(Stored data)
▼

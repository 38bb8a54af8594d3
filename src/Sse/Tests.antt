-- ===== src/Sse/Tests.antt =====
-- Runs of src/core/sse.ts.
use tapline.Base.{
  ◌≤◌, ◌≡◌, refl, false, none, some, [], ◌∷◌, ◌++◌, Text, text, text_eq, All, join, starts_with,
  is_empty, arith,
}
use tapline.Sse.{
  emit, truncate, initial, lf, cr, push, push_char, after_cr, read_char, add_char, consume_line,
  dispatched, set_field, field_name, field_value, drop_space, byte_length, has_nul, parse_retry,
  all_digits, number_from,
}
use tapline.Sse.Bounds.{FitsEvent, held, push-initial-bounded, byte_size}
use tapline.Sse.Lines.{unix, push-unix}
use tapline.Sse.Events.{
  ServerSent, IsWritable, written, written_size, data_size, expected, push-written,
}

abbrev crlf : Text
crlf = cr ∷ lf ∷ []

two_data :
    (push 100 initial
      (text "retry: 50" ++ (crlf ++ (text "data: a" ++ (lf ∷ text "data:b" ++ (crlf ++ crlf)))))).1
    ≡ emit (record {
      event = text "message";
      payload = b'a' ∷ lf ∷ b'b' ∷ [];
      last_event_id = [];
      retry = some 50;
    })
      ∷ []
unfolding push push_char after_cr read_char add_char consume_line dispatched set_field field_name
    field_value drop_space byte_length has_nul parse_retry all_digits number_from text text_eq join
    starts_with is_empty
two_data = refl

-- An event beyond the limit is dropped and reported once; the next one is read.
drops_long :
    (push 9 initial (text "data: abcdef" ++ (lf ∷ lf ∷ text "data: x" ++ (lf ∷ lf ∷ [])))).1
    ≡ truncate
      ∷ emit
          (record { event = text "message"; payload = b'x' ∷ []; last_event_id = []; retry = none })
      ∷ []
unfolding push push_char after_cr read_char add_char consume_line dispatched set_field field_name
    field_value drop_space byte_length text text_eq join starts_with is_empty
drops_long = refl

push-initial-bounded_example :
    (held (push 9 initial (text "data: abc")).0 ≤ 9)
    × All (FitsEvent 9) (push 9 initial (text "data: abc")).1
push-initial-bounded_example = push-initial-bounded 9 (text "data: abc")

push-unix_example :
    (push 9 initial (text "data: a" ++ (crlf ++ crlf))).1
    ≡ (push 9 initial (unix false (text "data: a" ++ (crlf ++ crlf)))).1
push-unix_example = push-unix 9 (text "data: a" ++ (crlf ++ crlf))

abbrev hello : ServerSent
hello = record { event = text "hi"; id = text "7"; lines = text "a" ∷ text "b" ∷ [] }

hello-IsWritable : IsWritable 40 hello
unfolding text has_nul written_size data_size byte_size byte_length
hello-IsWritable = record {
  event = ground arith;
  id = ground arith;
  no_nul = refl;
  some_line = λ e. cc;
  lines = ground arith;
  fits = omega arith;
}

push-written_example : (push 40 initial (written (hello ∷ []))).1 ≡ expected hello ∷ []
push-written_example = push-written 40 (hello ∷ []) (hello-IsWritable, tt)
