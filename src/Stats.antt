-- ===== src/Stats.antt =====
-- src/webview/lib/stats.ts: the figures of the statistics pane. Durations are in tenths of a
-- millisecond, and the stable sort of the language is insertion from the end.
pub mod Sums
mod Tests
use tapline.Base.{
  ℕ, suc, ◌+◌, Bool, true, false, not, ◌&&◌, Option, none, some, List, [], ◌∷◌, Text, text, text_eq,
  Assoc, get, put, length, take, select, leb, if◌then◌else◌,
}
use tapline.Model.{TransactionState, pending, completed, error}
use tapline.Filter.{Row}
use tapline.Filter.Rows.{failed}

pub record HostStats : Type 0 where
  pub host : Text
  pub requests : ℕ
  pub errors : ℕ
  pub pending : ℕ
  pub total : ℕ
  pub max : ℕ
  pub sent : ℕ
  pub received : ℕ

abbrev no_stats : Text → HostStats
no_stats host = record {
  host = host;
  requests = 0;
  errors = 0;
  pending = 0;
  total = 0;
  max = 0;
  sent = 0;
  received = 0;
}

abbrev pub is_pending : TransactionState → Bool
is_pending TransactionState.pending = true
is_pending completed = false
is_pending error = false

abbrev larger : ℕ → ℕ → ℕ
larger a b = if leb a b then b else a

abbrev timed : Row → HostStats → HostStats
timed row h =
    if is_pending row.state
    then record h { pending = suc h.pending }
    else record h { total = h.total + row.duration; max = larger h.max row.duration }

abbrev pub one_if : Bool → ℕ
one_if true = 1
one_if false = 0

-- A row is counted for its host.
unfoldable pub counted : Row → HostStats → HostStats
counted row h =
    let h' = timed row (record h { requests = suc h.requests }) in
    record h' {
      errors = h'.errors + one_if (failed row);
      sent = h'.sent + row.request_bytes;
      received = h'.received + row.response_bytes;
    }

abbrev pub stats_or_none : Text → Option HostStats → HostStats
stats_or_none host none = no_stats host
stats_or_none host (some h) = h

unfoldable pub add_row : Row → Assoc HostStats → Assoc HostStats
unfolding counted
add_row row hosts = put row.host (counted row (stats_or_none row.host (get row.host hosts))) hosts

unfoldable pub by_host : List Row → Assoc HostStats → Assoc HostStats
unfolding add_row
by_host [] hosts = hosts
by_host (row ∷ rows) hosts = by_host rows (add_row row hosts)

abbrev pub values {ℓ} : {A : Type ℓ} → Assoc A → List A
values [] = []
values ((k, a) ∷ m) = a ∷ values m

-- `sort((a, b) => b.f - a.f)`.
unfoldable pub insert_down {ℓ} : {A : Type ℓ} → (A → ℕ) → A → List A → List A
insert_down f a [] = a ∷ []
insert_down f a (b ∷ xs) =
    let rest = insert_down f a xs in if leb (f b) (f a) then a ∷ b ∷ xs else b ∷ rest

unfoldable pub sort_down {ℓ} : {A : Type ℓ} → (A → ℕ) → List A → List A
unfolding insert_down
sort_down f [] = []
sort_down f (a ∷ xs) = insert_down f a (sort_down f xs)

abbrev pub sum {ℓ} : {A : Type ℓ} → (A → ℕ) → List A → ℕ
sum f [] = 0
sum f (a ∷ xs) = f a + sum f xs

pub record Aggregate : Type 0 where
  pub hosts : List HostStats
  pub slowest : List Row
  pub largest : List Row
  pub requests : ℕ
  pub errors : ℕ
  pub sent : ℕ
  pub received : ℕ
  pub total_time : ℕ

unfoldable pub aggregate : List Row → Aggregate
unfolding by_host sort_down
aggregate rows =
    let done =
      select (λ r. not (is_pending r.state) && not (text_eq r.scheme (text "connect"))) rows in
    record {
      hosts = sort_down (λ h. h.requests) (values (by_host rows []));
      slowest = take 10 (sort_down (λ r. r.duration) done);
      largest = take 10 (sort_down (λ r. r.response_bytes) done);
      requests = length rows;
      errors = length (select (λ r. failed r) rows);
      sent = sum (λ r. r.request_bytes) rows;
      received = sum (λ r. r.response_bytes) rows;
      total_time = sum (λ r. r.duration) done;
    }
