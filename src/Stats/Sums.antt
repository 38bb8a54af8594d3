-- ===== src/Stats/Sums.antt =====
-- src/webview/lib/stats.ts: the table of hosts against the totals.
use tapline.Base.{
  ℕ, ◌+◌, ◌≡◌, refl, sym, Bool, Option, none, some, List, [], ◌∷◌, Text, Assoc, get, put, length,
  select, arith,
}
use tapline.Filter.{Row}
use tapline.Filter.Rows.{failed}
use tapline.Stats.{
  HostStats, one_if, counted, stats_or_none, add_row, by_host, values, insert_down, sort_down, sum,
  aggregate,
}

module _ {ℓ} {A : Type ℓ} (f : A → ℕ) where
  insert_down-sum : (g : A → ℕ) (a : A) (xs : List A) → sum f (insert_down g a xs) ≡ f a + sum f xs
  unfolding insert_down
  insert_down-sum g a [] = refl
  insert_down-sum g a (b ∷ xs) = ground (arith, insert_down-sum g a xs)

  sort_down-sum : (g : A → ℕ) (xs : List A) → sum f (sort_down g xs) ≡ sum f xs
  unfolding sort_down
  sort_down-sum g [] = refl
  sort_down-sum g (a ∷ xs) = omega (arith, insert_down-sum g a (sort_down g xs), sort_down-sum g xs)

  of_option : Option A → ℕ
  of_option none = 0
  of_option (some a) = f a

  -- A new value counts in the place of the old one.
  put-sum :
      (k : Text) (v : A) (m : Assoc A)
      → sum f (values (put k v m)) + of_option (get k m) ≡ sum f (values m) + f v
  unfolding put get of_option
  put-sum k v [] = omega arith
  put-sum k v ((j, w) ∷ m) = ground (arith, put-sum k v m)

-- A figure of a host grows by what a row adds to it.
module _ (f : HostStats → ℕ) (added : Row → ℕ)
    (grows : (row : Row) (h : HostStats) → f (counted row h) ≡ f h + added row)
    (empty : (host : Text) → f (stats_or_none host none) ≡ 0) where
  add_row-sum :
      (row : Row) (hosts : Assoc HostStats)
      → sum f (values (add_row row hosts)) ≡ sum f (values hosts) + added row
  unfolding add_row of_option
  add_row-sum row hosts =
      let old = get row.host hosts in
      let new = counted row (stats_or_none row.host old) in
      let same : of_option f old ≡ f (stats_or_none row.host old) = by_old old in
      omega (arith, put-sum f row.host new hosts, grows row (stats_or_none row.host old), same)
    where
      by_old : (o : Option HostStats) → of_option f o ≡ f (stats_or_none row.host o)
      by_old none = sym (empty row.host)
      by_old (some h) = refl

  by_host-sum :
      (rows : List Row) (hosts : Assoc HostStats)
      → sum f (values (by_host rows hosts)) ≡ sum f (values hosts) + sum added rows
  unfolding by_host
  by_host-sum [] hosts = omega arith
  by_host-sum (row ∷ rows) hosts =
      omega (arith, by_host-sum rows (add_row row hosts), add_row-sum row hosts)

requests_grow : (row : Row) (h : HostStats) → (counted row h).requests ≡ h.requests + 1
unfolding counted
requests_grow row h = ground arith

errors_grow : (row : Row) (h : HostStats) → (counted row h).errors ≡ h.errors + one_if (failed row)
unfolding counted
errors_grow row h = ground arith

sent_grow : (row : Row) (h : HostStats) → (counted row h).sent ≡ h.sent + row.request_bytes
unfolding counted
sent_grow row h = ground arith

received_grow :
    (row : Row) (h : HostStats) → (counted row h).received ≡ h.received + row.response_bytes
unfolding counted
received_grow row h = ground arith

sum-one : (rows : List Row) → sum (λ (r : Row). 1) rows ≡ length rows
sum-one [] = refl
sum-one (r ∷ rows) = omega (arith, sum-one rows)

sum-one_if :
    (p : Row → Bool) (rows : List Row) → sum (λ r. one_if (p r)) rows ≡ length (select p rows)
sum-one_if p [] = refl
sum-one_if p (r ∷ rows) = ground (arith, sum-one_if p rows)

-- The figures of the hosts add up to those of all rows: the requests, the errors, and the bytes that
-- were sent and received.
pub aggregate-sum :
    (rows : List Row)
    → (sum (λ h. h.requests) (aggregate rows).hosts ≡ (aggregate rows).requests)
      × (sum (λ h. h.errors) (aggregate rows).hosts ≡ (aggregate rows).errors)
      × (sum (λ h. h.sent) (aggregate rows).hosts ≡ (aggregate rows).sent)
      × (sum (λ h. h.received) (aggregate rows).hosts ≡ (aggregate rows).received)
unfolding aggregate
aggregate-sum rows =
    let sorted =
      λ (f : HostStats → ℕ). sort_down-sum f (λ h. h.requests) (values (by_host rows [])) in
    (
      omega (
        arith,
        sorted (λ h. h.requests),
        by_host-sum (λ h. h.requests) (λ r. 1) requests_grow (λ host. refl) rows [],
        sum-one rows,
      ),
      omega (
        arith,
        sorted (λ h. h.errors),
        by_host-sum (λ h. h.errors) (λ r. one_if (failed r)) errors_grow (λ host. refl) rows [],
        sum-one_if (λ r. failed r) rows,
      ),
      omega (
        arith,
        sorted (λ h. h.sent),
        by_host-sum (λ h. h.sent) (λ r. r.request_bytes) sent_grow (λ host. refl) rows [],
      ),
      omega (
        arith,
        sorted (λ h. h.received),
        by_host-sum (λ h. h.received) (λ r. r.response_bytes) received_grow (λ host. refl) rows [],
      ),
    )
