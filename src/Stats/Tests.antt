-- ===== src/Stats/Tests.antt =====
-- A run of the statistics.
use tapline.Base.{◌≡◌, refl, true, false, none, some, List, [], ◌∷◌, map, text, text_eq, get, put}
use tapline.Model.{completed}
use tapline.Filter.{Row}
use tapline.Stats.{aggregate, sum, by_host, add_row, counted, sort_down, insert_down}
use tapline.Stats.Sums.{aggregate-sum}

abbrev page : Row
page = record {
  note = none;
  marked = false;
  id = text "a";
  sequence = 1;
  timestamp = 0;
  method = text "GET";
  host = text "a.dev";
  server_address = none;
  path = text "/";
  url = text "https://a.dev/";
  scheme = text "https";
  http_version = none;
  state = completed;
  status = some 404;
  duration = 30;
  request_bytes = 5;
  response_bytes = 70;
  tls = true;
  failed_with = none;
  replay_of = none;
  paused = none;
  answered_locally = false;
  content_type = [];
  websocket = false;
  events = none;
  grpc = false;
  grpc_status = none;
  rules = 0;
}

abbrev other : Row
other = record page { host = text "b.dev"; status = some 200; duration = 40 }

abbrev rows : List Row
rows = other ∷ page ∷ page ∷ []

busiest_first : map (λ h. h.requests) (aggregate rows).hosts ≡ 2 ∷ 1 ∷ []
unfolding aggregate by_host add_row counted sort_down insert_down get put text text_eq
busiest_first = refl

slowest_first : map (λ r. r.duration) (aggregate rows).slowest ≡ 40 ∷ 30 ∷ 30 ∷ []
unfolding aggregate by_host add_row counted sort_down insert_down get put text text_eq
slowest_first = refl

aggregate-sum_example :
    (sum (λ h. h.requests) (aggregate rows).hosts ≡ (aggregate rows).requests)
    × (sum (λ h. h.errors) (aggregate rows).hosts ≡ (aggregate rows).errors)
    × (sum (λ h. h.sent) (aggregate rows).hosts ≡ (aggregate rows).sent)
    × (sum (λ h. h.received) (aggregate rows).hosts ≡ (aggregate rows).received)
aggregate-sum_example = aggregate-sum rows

▲

• WHAT YOU SHOULD DO:
Of the entries above, repeat exactly the lines between the line with "(empty : (host" and the line with "let new = counted", inclusive, and no others.

• EXERCISE RESPONSE:
    (empty : (host : Text) → f (stats_or_none host none) ≡ 0) where
  add_row-sum :
      (row : Row) (hosts : Assoc HostStats)
      → sum f (values (add_row row hosts)) ≡ sum f (values hosts) + added row
  unfolding add_row of_option
  add_row-sum row hosts =
      let old = get row.host hosts in
      let new = counted row (stats_or_none row.host old) in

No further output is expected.